Thanks for the tips everyone. @j4cll (seems like its not letting me tag you correctly), do you know if the granular Bayer Advanced Fungus Control for lawns is a good product? I'm looking to pick something up ASAP as I had been thinking about the potential for fungus but hadn't put anything down. Ideally something that I could pick up from a big box store, but if there is something better I'm sure I could find a local source for it.

https://www.lowes.com/pd/BAYER-ADVANCED-10-lb-Lawn-Fungus-Control/3027697


----------



## g-man (Jun 15, 2017)

Check the fungicide guide (see signature below). There is a list of what works for what, names and sources. I find that propiconazole works better if foliar applied.


----------



## jaygrizzle (Jun 6, 2018)

Thanks g-man, I will take a look.


----------



## jaygrizzle (Jun 6, 2018)

@g-man so from my understanding it is best to use two different types of MOA when applying. So I was thinking about applying the Bayer Advanced that has the AI of propiconazole and the Scotts Lawn Fungus Control with AI of Thiophanate. Am I understanding the Fungicide guide correctly in using these two together? I am a little wary of using the liquid version of the Bayer propiconazole as I'm nervous that I won't use the hose end spraying application correctly.

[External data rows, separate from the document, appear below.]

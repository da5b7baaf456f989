-- ===== src/Manager/Connection.antt =====
-- crates/no-sql-store/src/manager/service/connection.rs.
use rust_accelerator_no_sql.Map
use rust_accelerator_no_sql.Manager.{Map, get_cluster_state, ManagerProtocol, Me, NodeId, State}
use rust_accelerator_no_sql.Prelude.{
  if◌then◌else◌, ◌∷◌, not, ◌&&◌, [], none, ◌==◌, List, ◌||◌, Bool, some, option_eq, ℕ, String,
  Option,
}
use rust_accelerator_no_sql.Common.{Node, worker, manager}

-- The state after the node has left: without a leader if that was it, or if this node is alone.
unfoldable pub without_node : State → NodeId → Map Node → State
unfolding Map.len
without_node state id nodes =
    if option_eq (some id) state.elected_leader_id || Map.len nodes == 1
    then record state { nodes = nodes; elected_leader_id = none }
    else record state { nodes = nodes }

unfoldable pub handle_node_disconnected : State → NodeId → State
unfolding without_node Map.contains_key Map.remove
handle_node_disconnected state id =
    if Map.contains_key state.nodes id
    then without_node state id (Map.remove state.nodes id)
    else state

-- An outgoing connection has no id yet, and changes nothing.
unfoldable pub handle_new_connection :
    State → Option NodeId → String → ℕ → Me → Bool → ℕ → State × List ManagerProtocol
unfolding Map.insert
handle_new_connection state none host port me is_manager now = (state, [])
handle_new_connection state (some id) host port me is_manager now = (
  record state {
    nodes = Map.insert state.nodes id (record {
      host = host;
      port = port;
      last_heartbeat = now;
      node_type = if is_manager then manager else worker;
    });
  },
  if is_manager && not (option_eq state.elected_leader_id (some me.id))
      then get_cluster_state id ∷ []
      else [],
)
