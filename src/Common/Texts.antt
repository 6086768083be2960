-- ===== src/Common/Texts.antt =====
-- Prefixes and suffixes of texts, as in Go's package `strings`.
use Prim.Native.Char.{Char, code}
use Prim.Native.String.{String, ◌++◌ as str_append, count}
use text.Mathlib.Text.{◌==◌ as str_eq}
use text.Mathlib.TextEquality.{Char-path}
use text.Mathlib.TextLemmas.{nil-append, cons-append, length-append, length-cons}
use mathlib.Core.Path.{◌≡◌, refl, ap, sym, ◌∙◌}
use mathlib.Core.Bool.{Bool, true, false}
use mathlib.Core.Logic.{inl, inr, ◌↔◌, ◌⊎◌}
use mathlib.Core.Option.{Option, none, some}
use native.Mathlib.Omega.{arith}
use llm_router.Common.Tests.{if◌then◌else◌, ◌==◌, Bool-cases, Option-cases, str_eq_refl, str_eq-eq}

-- `strings.HasPrefix(s, p)`.
unfoldable pub has_prefix : String → String → Bool
has_prefix String.[] s = true
has_prefix (String.◌∷◌ c p) String.[] = false
has_prefix (String.◌∷◌ c p) (String.◌∷◌ d s) =
    let rest = has_prefix p s in if code c == code d then rest else false

pub has_prefix-append : (p s : String) → has_prefix p (str_append p s) ≡ true
unfolding has_prefix
has_prefix-append String.[] s = refl
has_prefix-append (String.◌∷◌ c p) s =
    rw (cons-append c p s) (rw (has_prefix-append p s) (ground arith))

-- `s` without its suffix `p`, if it has that.
unfoldable pub strip_suffix : String → String → Option String
strip_suffix p String.[] = if str_eq "" p then some "" else none
strip_suffix p (String.◌∷◌ c s) =
    let rest = strip_suffix p s in
    if str_eq (String.◌∷◌ c s) p
    then some ""
    else elim rest [ none ↦ none | some t ↦ some (String.◌∷◌ c t) ]

strip_suffix_self : (p : String) → strip_suffix p p ≡ some ""
unfolding strip_suffix
strip_suffix_self String.[] = refl
strip_suffix_self (String.◌∷◌ c p) = rw (str_eq_refl (String.◌∷◌ c p))

cons-ne : (c : Char) (s p : String) → str_eq (String.◌∷◌ c (str_append s p)) p ≡ false
cons-ne c s p = elim (Bool-cases (str_eq (String.◌∷◌ c (str_append s p)) p)) [
  | inr n ↦ n
  | inl t ↦
      let e : count (String.◌∷◌ c (str_append s p)) ≡ count p = ap count (str_eq-eq _ _ t) in
      absurd (omega (arith, e, length-append s p, length-cons c (str_append s p)))
]

pub strip_suffix-append : (s p : String) → strip_suffix p (str_append s p) ≡ some s
unfolding strip_suffix
strip_suffix-append String.[] p = rw (nil-append p) (strip_suffix_self p)
strip_suffix-append (String.◌∷◌ c s) p =
    rw (cons-append c s p) (rw (cons-ne c s p, strip_suffix-append s p) refl)

cons_inner :
    (c : Char) (o : Option String) (t : String)
    → elim o [ none ↦ none | some u ↦ some (String.◌∷◌ c u) ] ≡ some t
    → (u : String) × (o ≡ some u) × (String.◌∷◌ c u ≡ t)
cons_inner c none t h = cc
cons_inner c (some u) t h = (u, refl, cc)

pub strip_suffix-some : (p s t : String) → strip_suffix p s ≡ some t → s ≡ str_append t p
unfolding strip_suffix
strip_suffix-some p String.[] t h = elim (Bool-cases (str_eq "" p)) [
  | inr n ↦ cc (rw n at h)
  | inl e ↦
      let q : "" ≡ t = cc (rw e at h) in
      str_eq-eq "" p e ∙ sym (nil-append p) ∙ ap (λ x. str_append x p) q
]
strip_suffix-some p (String.◌∷◌ c s) t h = elim (Bool-cases (str_eq (String.◌∷◌ c s) p)) [
  | inl e ↦
      let q : "" ≡ t = cc (rw e at h) in
      str_eq-eq (String.◌∷◌ c s) p e ∙ sym (nil-append p) ∙ ap (λ x. str_append x p) q
  | inr n ↦
      let (u, inner, whole) = cons_inner c (strip_suffix p s) t (rw n at h) in
      ap (λ x. String.◌∷◌ c x) (strip_suffix-some p s u inner)
      ∙ sym (cons-append c u p)
      ∙ ap (λ x. str_append x p) whole
]

has_prefix-some : (p s : String) → has_prefix p s ≡ true → (t : String) × (s ≡ str_append p t)
unfolding has_prefix
has_prefix-some String.[] s h = (s, sym (nil-append s))
has_prefix-some (String.◌∷◌ c p) String.[] h = cc
has_prefix-some (String.◌∷◌ c p) (String.◌∷◌ d s) h = elim (Bool-cases (code c == code d)) [
  | inr n ↦ cc (rw n at h)
  | inl e ↦
      let (t, rest) = has_prefix-some p s (rw e at h) in
      let same : code c ≡ code d = ground arith in
      (
        t,
        ap (λ x. String.◌∷◌ d x) rest
            ∙ ap (λ (x : Char). String.◌∷◌ x (str_append p t)) (sym (Char-path c d same))
            ∙ sym (cons-append c p t),
      )
]

pub has_prefix_iff :
    (p s : String) → (has_prefix p s ≡ true) ↔ ((t : String) × (s ≡ str_append p t))
has_prefix_iff p s = (has_prefix-some p s, λ h. rw h.1 (has_prefix-append p h.0))

pub strip_suffix-cases :
    (p s : String)
    → ((t : String) × (s ≡ str_append t p) × (strip_suffix p s ≡ some t))
      ⊎ ((strip_suffix p s ≡ none) × ((t : String) → ¬ (s ≡ str_append t p)))
strip_suffix-cases p s = elim (Option-cases (strip_suffix p s)) [
  | inr (t, e) ↦ inl (t, strip_suffix-some p s t e, e)
  | inl n ↦ inr (n, λ t e. cc (n, strip_suffix-append t p, ap (strip_suffix p) e))
]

My other worry is that I would be applying the fungicides in some areas that have recently germinated seeds. So I'm also nervous about having to apply granular with the broadcast spreader and walking over the newly sprouted grass.


----------



## Mozart (Jul 17, 2018)

So it's okay to apply fungicide ( propiconazole ) to new grass? I'm definitely worried with high temps next week (90+) and frequent watering.

The fungicide guide is great by the way @Suburban Jungle Life! But I'm still not advanced enough to know what types of fungus to expect and preventitively treat.

So my questions are:
What should I worry about with new grease, 5x/day watering and temperatures in the low to mid 90s?
What fungicide is best for those concerns?
When can I apply the fungicide to new grass?
Do the concerns warrant fungicide application/walking on the baby grass?
Liquid or granular application?

Thanks guys!


----------



## Suburban Jungle Life (Mar 1, 2018)

Thanks @Mozart! I'm not good with ID though. Some of the fungicides do cover a wide range of fungus so you could mix 2 of the broad spectrum ones and hope for the best... There are products with 4 different ones mixed together to basically hit everything (not labelled for residential though).


----------



## j4c11 (Apr 30, 2017)

jaygrizzle said:


> Thanks for the tips everyone. @j4cll (seems like its not letting me tag you correctly), do you know if the granular Bayer Advanced Fungus Control for lawns is a good product? I'm looking to pick something up ASAP as I had been thinking about the potential for fungus but hadn't put anything down. Ideally something that I could pick up from a big box store, but if there is something better I'm sure I could find a local source for it.


Bayer fungus control is propiconazole. Very good product. They also have it in a ready to spray bottle, you just hook it up to a garden hose and spray. Do a double pass on the area.

https://www.homedepot.com/p/Bayer-Advanced-32-oz-Ready-to-Spray-Fungus-Control-for-Lawns-701270/202529163

I would recommend the spray instead of granular, since you have to walk on the grass to spread the granules. After spraying, immediately water. Yes, the spray is meant to be a foliar, but in this case we need to get the propiconazole into the soil so it can be taken up by the roots. Follow up with another application in a week. Once the grass can be walked on and mowed, apply a dose of Scotts DiseaseEx(azoxystrobin) at curative rate.

Finally, fungicide is perfectly safe and actually recommended at seeding. One of the major components of the coating on coated seed is fungicide to improve establishment. Don't worry about which fungus you're preventing, with propiconazole and azoxystrobin the answer is pretty much all of them.


----------



## jaygrizzle (Jun 6, 2018)

Thanks j4c11. I guess I will just go ahead and give the hose end sprayer version a try. Any tips for using it? A lot of the reviews say it empties really quickly. The company that replies to the reviews says it should last 5-6 minutes. My guess is to just turn the hose on about as low as it goes and then spray so that it doesn't empty quickly.


----------



## jaygrizzle (Jun 6, 2018)

Oh also, in regards to the hose end sprayer version:

Once it's hooked up to the hose, do you have to use the whole bottle or can you turn it off and then switch to a different hose? To cover the yard I would need to switch to a couple of different hoses. This will effect how many bottles I need to buy. Thank you all for your help


----------



## emile (Jun 19, 2018)

Trying to learn from this thread. Is 5 mins every hour from 8a to 7p using a couple MP1000's way overkill? Dealing with 90's starting yesterday day going through Wed. "Feels Like" temps are 95-97. Seed went down 9 days ago.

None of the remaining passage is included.